'''

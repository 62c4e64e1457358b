-- ===== src/Collectors/WellFormed.antt =====
-- The collectors that an exporter of ceph/exporter.go runs keep vectors that fit, and send metrics
-- that do.
use ceph_exporter.Base.{
  ◌≡◌, refl, Bool, true, false, Option, none, some, List, [], ◌∷◌, all, all-append, string_eq,
  if◌then◌else◌, >>=-eq-some, all-split,
}
use mathlib.Core.Option.{some-injective}
use mathlib.Core.Path.{subst}
use ceph_exporter.Float.{Float64}
use ceph_exporter.Prometheus.{Metric}
use ceph_exporter.Prometheus.WellFormed.{is_well_formed, are_well_formed, all-Received, new-Fits}
use ceph_exporter.Conn.{Conn}
use ceph_exporter.Version.{Version}
use ceph_exporter.Exporter.{
  CollectorKind, cluster_usage, pool_usage, pool_info, cluster_health, mon, osd, crashes, rgw, mds,
  rbd_mirror_status,
}
use ceph_exporter.Exporter.Interleaving.{concat}
use ceph_exporter.Health.Progress.{Progress, reached}
use ceph_exporter.Health.Collector as Health
use ceph_exporter.Health.Collector.WellFormed as HealthSent
use ceph_exporter.Health.Collector.Safety.{has_panicked}
use ceph_exporter.Health.Io.WellFormed as IoSent
use ceph_exporter.Health.Scrape as Scrape
use ceph_exporter.Health.Io.{collect_recovery_client_io}
use ceph_exporter.Osd.Collector as Osd
use ceph_exporter.Osd.Collector.Owners.{is_fitting}
use ceph_exporter.Osd.Collector.Runs.{are_fitting-writers}
use ceph_exporter.Osd.Writes as Writes
use ceph_exporter.PoolInfo
use ceph_exporter.Monitors
use ceph_exporter.Rgw
use ceph_exporter.Osd.Names.{Labels}
use ceph_exporter.Osd.Sent.{collect_tree_down}
use ceph_exporter.Osd.Writes.{apply_all}
use ceph_exporter.Osd.Collector.Laws.{
  tree_down-is_well_formed, tree_down_reply, reported-is_well_formed,
}
use ceph_exporter.Collectors.{
  Host, AnyCollector, of_cluster_usage, of_pool_usage, of_crashes, of_pool_info, of_health, of_mon,
  of_osd, of_rgw, of_mds, of_rbd_mirror, osd_order, osds, collect_osds, collect_health, scraped,
  collect, new, pools, monitors, gateways,
}
use ceph_exporter.Collectors.Sent as Sent
use ceph_exporter.Collectors.Vectors as Vectors
use ceph_exporter.Collectors.Gateways as Gateways
use ceph_exporter.Collectors.Quorum as Quorum

module _ (fl : Float64) (host : Host fl) where
  open fl use {Value}
  open host use {arrays, gv, replace_nan, parse_time, around, schedule}

  -- What a collector keeps to send has a label value for each label.
  abbrev pub IsFit : AnyCollector fl host → Type 0
  IsFit (of_cluster_usage c) = Unit
  IsFit of_pool_usage = Unit
  IsFit of_crashes = Unit
  IsFit (of_pool_info vecs) = Vectors.PoolsFit fl gv vecs
  IsFit (of_health c) = Unit
  IsFit (of_mon c) = Quorum.MonitorsFit fl gv arrays c
  IsFit (of_osd o) = Vectors.OsdsFit fl gv o.vecs
  IsFit (of_rgw r) = Gateways.GatewaysFit fl gv r
  IsFit (of_mds m) = are_well_formed m.ch ≡ true
  IsFit (of_rbd_mirror c) = Unit

  -- A collector that fits, and what it sends.
  abbrev pub IsSound : AnyCollector fl host × List (Metric Value) → Type 0
  IsSound (c, ms) = IsFit c × (are_well_formed ms ≡ true)

  pub new-IsFit : (kind : CollectorKind) → IsFit (new fl host kind)
  unfolding new
  new-IsFit cluster_usage = tt
  new-IsFit pool_usage = tt
  new-IsFit pool_info = λ g. new-Fits gv _
  new-IsFit cluster_health = tt
  new-IsFit mon = (new-Fits gv 1, new-Fits gv 1, new-Fits gv 4, new-Fits gv 3)
  new-IsFit osd = Vectors.new-OsdsFit fl gv
  new-IsFit crashes = tt
  new-IsFit (rgw background) =
      (new-Fits gv 0, new-Fits gv 0, new-Fits gv 0, new-Fits gv 0, new-Fits gv 0)
  new-IsFit (mds background) = refl
  new-IsFit (rbd_mirror_status v) = tt

  fitting-outs :
      (outs : List (List (Writes.Write Value)))
      → all is_fitting (concat outs) ≡ true
      → all (all is_fitting) outs ≡ true
  fitting-outs [] h = refl
  fitting-outs (ws ∷ outs) h =
      let (h1, h2) = all-split is_fitting ws (concat outs) h in rw h1 (fitting-outs outs h2)

  two-outs :
      (ms ms' : List (Metric Value))
      → are_well_formed ms ≡ true
      → are_well_formed ms' ≡ true
      → all are_well_formed (ms ∷ ms' ∷ []) ≡ true
  two-outs ms ms' h k = rw (h, k) refl

  order-is_fitting :
      (conn : Conn) (labels : Labels fl) → all is_fitting (osd_order fl host conn labels) ≡ true
  order-is_fitting conn labels =
      let outs = Osd.writers fl replace_nan conn labels in
      all-Received is_fitting outs (osd_order fl host conn labels)
        ((schedule conn).merge-Received outs)
        (fitting-outs outs (are_fitting-writers fl replace_nan conn labels))

  gathered-IsSound :
      (conn : Conn) (ws : List (Writes.Write Value)) (labels : Labels fl)
      (o : Osd.OsdCollector fl gv)
      → all is_fitting ws ≡ true
      → Vectors.OsdsFit fl gv o.vecs
      → IsSound (osds fl host (schedule conn) (Osd.gather fl gv conn ws labels o))
  unfolding Osd.gather Osd.vec_metrics collect_tree_down
  gathered-IsSound conn ws labels o e h =
      let vecs = apply_all fl gv ws (Osd.reset_all fl gv o.vecs) in
      let fits =
        Vectors.apply_all-OsdsFit fl gv ws (Osd.reset_all fl gv o.vecs) e
          (Vectors.reset_all-OsdsFit fl gv o.vecs h) in
      let outs =
        collect_tree_down fl labels conn
        ∷ Osd.reported fl labels o.osd_scrub_cache (Osd.pg_dump conn)
        ∷ [] in
      (
        fits,
        all-append is_well_formed ((schedule conn).merge outs) (Osd.vec_metrics fl gv vecs)
            (all-Received is_well_formed outs ((schedule conn).merge outs)
              ((schedule conn).merge-Received outs)
              (two-outs (collect_tree_down fl labels conn)
                (Osd.reported fl labels o.osd_scrub_cache (Osd.pg_dump conn))
                (tree_down-is_well_formed fl labels (tree_down_reply fl conn))
                (reported-is_well_formed fl labels o.osd_scrub_cache (Osd.pg_dump conn))))
            (Vectors.concat-are_well_formed fl gv Writes.desc vecs Writes.collector_list fits),
      )

  collect_osds-IsSound :
      (conn : Conn) (o : Osd.OsdCollector fl gv) (r : AnyCollector fl host × List (Metric Value))
      → Vectors.OsdsFit fl gv o.vecs
      → collect_osds fl host conn o ≡ some r
      → IsSound r
  unfolding collect_osds Osd.collect
  collect_osds-IsSound conn o r h k =
      let (labels, _, k1) =
        >>=-eq-some (Osd.build_osd_label_cache fl conn o.osd_labels_cache) _ k in
      let (c, k2, k3) =
        >>=-eq-some (Osd.collect fl gv conn (osd_order fl host conn labels) o) _ k1 in
      let (labels', _, k4) =
        >>=-eq-some (Osd.build_osd_label_cache fl conn o.osd_labels_cache) _ k2 in
      subst IsSound (some-injective _ _ k3) (
        subst (λ c. IsSound (osds fl host (schedule conn) c)) (some-injective _ _ k4)
          (gathered-IsSound conn (osd_order fl host conn labels) labels' o
            (order-is_fitting conn labels) h))

  gauges-are_well_formed : (p : Progress fl) → are_well_formed (Scrape.gauge_metrics fl p) ≡ true
  unfolding Scrape.gauge_metrics
  gauges-are_well_formed p = refl

  scraped-IsSound :
      (conn : Conn) (v : Version) (c : Health.ClusterHealthCollector fl)
      → IsSound (scraped fl host conn v c)
  unfolding scraped Scrape.scrape Scrape.senders
  scraped-IsSound conn v c =
      let outs = Scrape.senders fl (schedule conn).visit conn (around conn).plain_status v c in
      (
        tt,
        all-append is_well_formed ((schedule conn).merge outs) _
            (all-Received is_well_formed outs ((schedule conn).merge outs)
              ((schedule conn).merge-Received outs)
              (two-outs (reached (Health.collect fl (schedule conn).visit conn v c)).sent
                (collect_recovery_client_io fl (around conn).plain_status).0
                (HealthSent.collect-are_well_formed fl (schedule conn).visit conn v c)
                (IoSent.collect_recovery_client_io-is_fit fl (around conn).plain_status)))
            (gauges-are_well_formed (reached (Health.collect fl (schedule conn).visit conn v c))),
      )

  collect_health-IsSound :
      (conn : Conn) (v : Version) (c : Health.ClusterHealthCollector fl)
      (r : AnyCollector fl host × List (Metric Value))
      → collect_health fl host conn v c ≡ some r
      → IsSound r
  unfolding collect_health
  collect_health-IsSound conn v c r h =
      go (has_panicked (Health.collect fl (schedule conn).visit conn v c)) h
    where
      go : (b : Bool) → (if b then none else some (scraped fl host conn v c)) ≡ some r → IsSound r
      go true k = cc
      go false k = subst IsSound (some-injective _ _ k) (scraped-IsSound conn v c)

  pools-IsSound :
      (conn : Conn) (vecs : PoolInfo.Vecs fl gv)
      → Vectors.PoolsFit fl gv vecs
      → IsSound (pools fl host vecs (PoolInfo.collect fl gv conn vecs))
  unfolding pools PoolInfo.vec_metrics
  pools-IsSound conn vecs h = go (PoolInfo.collect fl gv conn vecs) refl
    where
      go :
          (o : Option (PoolInfo.Vecs fl gv))
          → PoolInfo.collect fl gv conn vecs ≡ o
          → IsSound (pools fl host vecs o)
      go none q = (h, refl)
      go (some vecs') q =
          let fits = Vectors.collect-PoolsFit fl gv conn vecs vecs' q in
          (
            fits,
            Vectors.concat-are_well_formed fl gv PoolInfo.desc vecs' PoolInfo.collector_list fits,
          )

  monitors-IsSound :
      (s : Monitors.MonitorCollector fl arrays gv × Bool)
      → Quorum.MonitorsFit fl gv arrays s.0
      → IsSound (monitors fl host s)
  unfolding monitors
  monitors-IsSound (c, false) h = (h, refl)
  monitors-IsSound (c, true) h = (h, Quorum.sent_metrics-MonitorsFit fl gv arrays c h)

  gateways-IsSound :
      (s : Rgw.RgwCollector fl gv × List (Metric Value))
      → Gateways.GatewaysFit fl gv s.0
      → are_well_formed s.1 ≡ true
      → IsSound (gateways fl host s)
  unfolding gateways
  gateways-IsSound (r, ms) h k = (
    h,
    all-append is_well_formed ms (Rgw.vec_metrics fl gv r) k
        (Gateways.vec_metrics-GatewaysFit fl gv r h),
  )

  some-IsSound :
      (s r : AnyCollector fl host × List (Metric Value)) → some s ≡ some r → IsSound s → IsSound r
  some-IsSound s r h k = subst IsSound (some-injective _ _ h) k

  pub collect-IsSound :
      (conn : Conn) (v : Version) (c : AnyCollector fl host)
      (r : AnyCollector fl host × List (Metric Value))
      → IsFit c
      → collect fl host c conn v ≡ some r
      → IsSound r
  unfolding collect
  collect-IsSound conn v (of_cluster_usage c) r h k =
      some-IsSound _ r k (tt, Sent.cluster_usage-are_well_formed fl c conn)
  collect-IsSound conn v of_pool_usage r h k =
      some-IsSound _ r k (tt, Sent.pool_usage-are_well_formed fl conn)
  collect-IsSound conn v of_crashes r h k =
      some-IsSound _ r k (tt, Sent.crashes-are_well_formed fl conn)
  collect-IsSound conn v (of_pool_info vecs) r h k = some-IsSound _ r k (pools-IsSound conn vecs h)
  collect-IsSound conn v (of_health c) r h k = collect_health-IsSound conn v c r k
  collect-IsSound conn v (of_mon c) r h k = some-IsSound _ r k (
      monitors-IsSound (Monitors.collect fl arrays gv conn c)
        (Quorum.collect-MonitorsFit fl gv arrays conn c h))
  collect-IsSound conn v (of_osd o) r h k = collect_osds-IsSound conn o r h k
  collect-IsSound conn v (of_rgw g) r h k =
      let s = around conn in
      let (fits, sent) =
        Gateways.collect-GatewaysFit fl gv parse_time s.clock s.gc_list s.reshard_list g h in
      some-IsSound _ r k (
        gateways-IsSound (Rgw.collect parse_time s.clock fl gv s.gc_list s.reshard_list g) fits
          sent)
  collect-IsSound conn v (of_mds m) r h k =
      some-IsSound _ r k (Sent.mds-are_well_formed fl (around conn).mds_commands m h)
  collect-IsSound conn v (of_rbd_mirror c) r h k =
      some-IsSound _ r k (tt, Sent.rbd_mirror-are_well_formed fl c (around conn).rbd_status v)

'''

Copy each line of the material where "Quorum" is found.

Task answer:
use ceph_exporter.Collectors.Quorum as Quorum
  IsFit (of_mon c) = Quorum.MonitorsFit fl gv arrays c
      → Quorum.MonitorsFit fl gv arrays s.0
  monitors-IsSound (c, true) h = (h, Quorum.sent_metrics-MonitorsFit fl gv arrays c h)
        (Quorum.collect-MonitorsFit fl gv arrays conn c h))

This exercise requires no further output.